Thanks for your answer.
Stef


----------



## chickenmommy (Aug 24, 2004)

I can't help with your issues but I can agree with you 100%. I had an HP digital and it died so we replaced it with the Kodak V1003. Great pics, hate the software. The HP downloaded directly into my pictures folder. I have to move pics from Kodak easyshare to my pics folder. Hate it. Oh did I say how much I dislike this software? Waiting for this camera to die!


----------



## comfortablynumb (Nov 18, 2003)

http://www.irfanview.com/
free good basic photo editor + more.

my advice is to get a USB card reader (looks like a thumb drive) and dump your data that way.

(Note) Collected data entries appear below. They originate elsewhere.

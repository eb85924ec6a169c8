-- ===== src/Flow.antt =====
-- api/v1alpha1: the Flow resource, its triggers and its steps, as Go structs. A pointer, and a slice
-- that the code compares with nil, is an Option. A step and a trigger are a Go interface value that
-- holds a pointer to one of the structs.
pub mod Decode
pub mod Parser
pub mod Defaulter
pub mod Validator
pub mod Processor
pub mod Defaults
pub mod Ready
pub mod Tests
use jettison_controller.Common.{Bool, List, Option, none, some}
use jettison_controller.Common.Ints.{ℤ}
use jettison_controller.Common.Results.{Result, ok, panic}
use jettison_controller.Text.{Str}
use jettison_controller.Json.{Json}

-- `corev1.Volume` and `corev1.VolumeMount`, with the fields that the program writes. What else a
-- flow may give is kept as it is.
pub data VolumeSource : Type 0 where
  empty_dir : VolumeSource
  secret : Str → VolumeSource
  persistent_volume_claim : Str → VolumeSource
  other_source : Json → VolumeSource

pub record Volume : Type 0 where
  pub name : Str
  pub source : VolumeSource

pub record VolumeMount : Type 0 where
  pub name : Str
  pub mount_path : Str
  pub options : Option Json

pub record BaseTriggerFields : Type 0 where
  pub trigger_name : Str
  pub trigger_source : Str

pub record GitHubPullRequestTrigger : Type 0 where
  pub base : BaseTriggerFields
  pub repo_url : Str
  pub pull_request_events : Option (List Str)

pub record GitHubPushTrigger : Type 0 where
  pub base : BaseTriggerFields
  pub repo_url : Str
  pub base_ref : Option Str

-- `BaseTrigger`
pub data Trigger : Type 0 where
  pull_request : GitHubPullRequestTrigger → Trigger
  push : GitHubPushTrigger → Trigger

pub record BaseStepFields : Type 0 where
  pub step_name : Option Str
  pub step_source : Str
  pub depends_on : List Str
  pub volumes : List Volume
  pub volume_mounts : List VolumeMount

pub record DockerBuildArtifact : Type 0 where
  pub path : Str
  pub key : Str
  pub optional : Option Bool

pub record DockerBuildTestStep : Type 0 where
  pub base : BaseStepFields
  pub dockerfile_path : Option Str
  pub docker_context_dir : Option Str
  pub artifacts : List DockerBuildArtifact

pub record DockerBuildTestPublishStep : Type 0 where
  pub base : BaseStepFields
  pub dockerfile_path : Option Str
  pub docker_context_dir : Option Str
  pub artifacts : List DockerBuildArtifact

pub record ArgoCdStep : Type 0 where
  pub base : BaseStepFields
  pub repo_url : Str
  pub repo_path : Str
  pub base_ref : Option Str
  pub pause_reason : Option Str

pub record GitHubCreatePrStep : Type 0 where
  pub base : BaseStepFields
  pub repo_url : Str
  pub base_ref : Option Str
  pub file_paths : List Str

-- `BaseStep`
pub data Step : Type 0 where
  docker_build_test : DockerBuildTestStep → Step
  docker_build_test_publish : DockerBuildTestPublishStep → Step
  argo_cd : ArgoCdStep → Step
  github_create_pr : GitHubCreatePrStep → Step

pub record FlowSpec : Type 0 where
  pub active_deadline_seconds : Option ℤ
  pub triggers : List Json
  pub steps : List Json

-- The metadata that the builders read, and the specification.
pub record Flow : Type 0 where
  pub name : Str
  pub namespace : Str
  pub spec : FlowSpec

abbrev pub trigger_base : Trigger → BaseTriggerFields
trigger_base (pull_request t) = t.base
trigger_base (push t) = t.base

abbrev pub step_base : Step → BaseStepFields
step_base (docker_build_test s) = s.base
step_base (docker_build_test_publish s) = s.base
step_base (argo_cd s) = s.base
step_base (github_create_pr s) = s.base

-- `*p` panics on a nil pointer.
abbrev pub deref {ℓ} : {E : Type 0} {A : Type ℓ} → Option A → Result E A
deref none = panic
deref (some a) = ok a

abbrev pub get_step_name : {E : Type 0} → Step → Result E Str
get_step_name s = deref (step_base s).step_name

abbrev pub get_step_source : Step → Str
get_step_source s = (step_base s).step_source

abbrev pub get_depends_on : Step → List Str
get_depends_on s = (step_base s).depends_on

abbrev pub get_trigger_source : Trigger → Str
get_trigger_source t = (trigger_base t).trigger_source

and use the program above to fix or resize them.


----------



## Xeract (Aug 2, 2007)

Irfanview is a great little program, I've used it in the past and considering it is free it's brilliant.


----------



## rzrubek (May 13, 2004)

I have used the Easyshare software for quite a long time. There are settings in the menu to change where to download pics to and to adjust other things. I really like the redeye reduction part of the software. Otherwise, I use photoshop to do real editing on photos. If you don't want to use it, just shut it down, uninstall it. Then you can just plug the usb cable into your camera, and into the computer, then turn the camera on and you should get a window pop up asking you what to do. Be sure to turn the camera off before unplugging the USB cable or you may fry your memory card {ask me how I know} If that doesn't work with Win98, then just do as above, but go to My Computer and you should see it as another drive and open the folders and copy your pics that way. The software is much easier to use for downloading the pics.


----------



## stef (Sep 14, 2002)

Thank you, RZ for your answer.
Can you tell me, if I un install the easyshare software, but later change my mind, can it be reinstalled? I have the cd.
Thanks, Stef


----------



## rzrubek (May 13, 2004)

Stef said:


> Thank you, RZ for your answer.
> Can you tell me, if I un install the easyshare software, but later change my mind, can it be reinstalled? I have the cd.
> Thanks, Stef


Yes, I have had to reinstall it a couple of times. Just be sure to use the uninstaller. I keep mine on the computer just for the red eye tool/feature, very simple to use and works pretty good. Good Luck.


----------